Resource Limits
Indicating Limits
By default, Pods have no resource limits, which means they can use as much CPU and memory as the node has available. To prevent one Pod from monopolizing all available resources, you should set resource limits for Pods. You should set both a memory limit and a CPU limit. If a Pod uses more than its resource limit, it is restarted (new container). If it continues to fail, it goes into a CrashLoopBackoff
just like with liveness probes.
You can specify resource limits in the spec.containers[].resources.limits
section of a Pod configuration. The following example sets a memory limit of 50 MiB for a container:
vmemory-allocator-with-limit.yaml
spec: # The Pod spec in the Deployment
containers:
- image: kiamol/ch12-memory-allocator
resources:
limits: # Resource limits constrain compute power
memory: 50Mi # for the container; this limits RAM to 50 MB.
When you create this Pod, the container is automatically assigned a memory limit of 256 MiB. It will restart when it hits that limit
Namespace Quotas
You can also set resource limits at the namespace level. This is useful if you want to prevent a single user from monopolizing all the resources on a cluster. You can set a quota for the total amount of CPU and memory that can be used by all Pods in a namespace.
namespace-with-quota/02-memory-quota.yaml
apiVersion: v1
kind: ResourceQuota
metadata:
name: memory-quota
namespace: kiamol-ch12-memory
spec:
hard:
limits.memory: 150Mi
Now, if a pod specifies a limit that is greater than the namespace quota, it will not be created. For example:
03-memory-allocator.yaml
apiVersion: apps/v1
kind: Deployment
...
spec:
containers:
- name: api
image: kiamol/ch12-memory-allocator
resources:
limits:
memory: 200Mi
CPU Limits
CPU limits to containers and quotas, but they work in a slightly different way. Containers with a CPU limit run with a fixed amount of processing power, and they can use as much of that CPU as they like—they aren’t replaced if they hit the limit
You can use multiples to give your app container access to many cores or divide a single core into “millicores,” where one millicore is one-thousandth of a core
web-with-cpu-limit.yaml
spec:
containers:
- image: kiamol/ch05-pi
command: ["dotnet", "Pi.Web.dll", "-m", "web"]
resources:
limits:
cpu: 250m # 250 millicores limits the container to 0.25 cores.
Include both CPU and memory limits in your Pod specs.
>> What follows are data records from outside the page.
-- ===== src/Premis.antt =====
-- internal/premis/premis.go: the values that go into a PREMIS file.
pub mod Xml
pub mod Document
pub mod Order
pub mod Edits
pub mod Entities
pub mod Sample
use preprocessing_sfa.Prelude.{String, [], ◌∷◌}
use preprocessing_sfa.Prelude.Text.{◌==◌, if◌then◌else◌}
use preprocessing_sfa.FilePath
use preprocessing_sfa.Sip.{Sip, name}

pub record Agent : Type 0 where
  pub id_type : String
  pub id_value : String
  pub name : String
  pub agent_type : String

pub record EventSummary : Type 0 where
  pub event_type : String
  pub detail : String
  pub outcome : String
  pub outcome_detail : String

-- `AgentDefault`.
abbrev pub agent_default : Agent
agent_default = record {
  id_type = "url";
  id_value = "https://github.com/artefactual-sdps/preprocessing-sfa";
  name = "Enduro";
  agent_type = "software";
}

-- `OriginalNameForSubpath`.
unfoldable pub original_name_for_subpath : Sip → String → String
original_name_for_subpath sip subpath =
    if FilePath.base subpath == "Prozess_Digitalisierung_PREMIS.xml"
    then FilePath.join ("data" ∷ "metadata" ∷ "Prozess_Digitalisierung_PREMIS.xml" ∷ [])
    else FilePath.join ("data" ∷ "objects" ∷ name sip ∷ "content" ∷ subpath ∷ [])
Resource Constraint Failures
What if you have a namespace quota of 500m, but you have two replicas with a limit of 300m each? It will only deploy one pod. YOu can see it like this:
# after deploying your app with two repolicas
% kubectl get deploy -n kiamol-ch12-cpu
NAME READY UP-TO-DATE AVAILABLE AGE
pi-web 1/2 1 1 44s
# Debug what happened (It will tell you it ran out of quota)
% kubectl describe replicaset -n kiamol-ch12-cpu
# Get resource quota
% kl get resourcequota -n kiamol-ch12-memory
Checking Available Resources
You can check cpu available on a node like so:
kubectl get nodes -o jsonpath='{.items[].status.allocatable.cpu}'
Also, when you scale things up, it is helpful to check the ReplicaSet to see if it is scaling up. If it is not, it is likely because it is hitting a resource limit.
kubectl get rs -l app=pi-web --all-namespaces
Don’t Use CPU Limits?
This blog post is controversial, Michal thinks it’s bad advice. I tend to agree with Michal.
Requests vs. Limits
No CPU limit
If you do not specify a CPU limit for a Container, then one of these situations applies:
The Container has no upper bound on the CPU resources it can use. The Container could use all of the CPU resources available on the Node where it is running.
The Container is running in a namespace that has a default CPU limit, and the Container is automatically assigned the default limit. Cluster administrators can use a LimitRange to specify a default value for the CPU limit.
Limits create requests by default
If you specify a CPU limit for a Container but do not specify a CPU request, Kubernetes automatically assigns a CPU request that matches the limit. Similarly, if a Container specifies its own memory limit but does not specify a memory request, Kubernetes automatically assigns a memory request that matches the limit.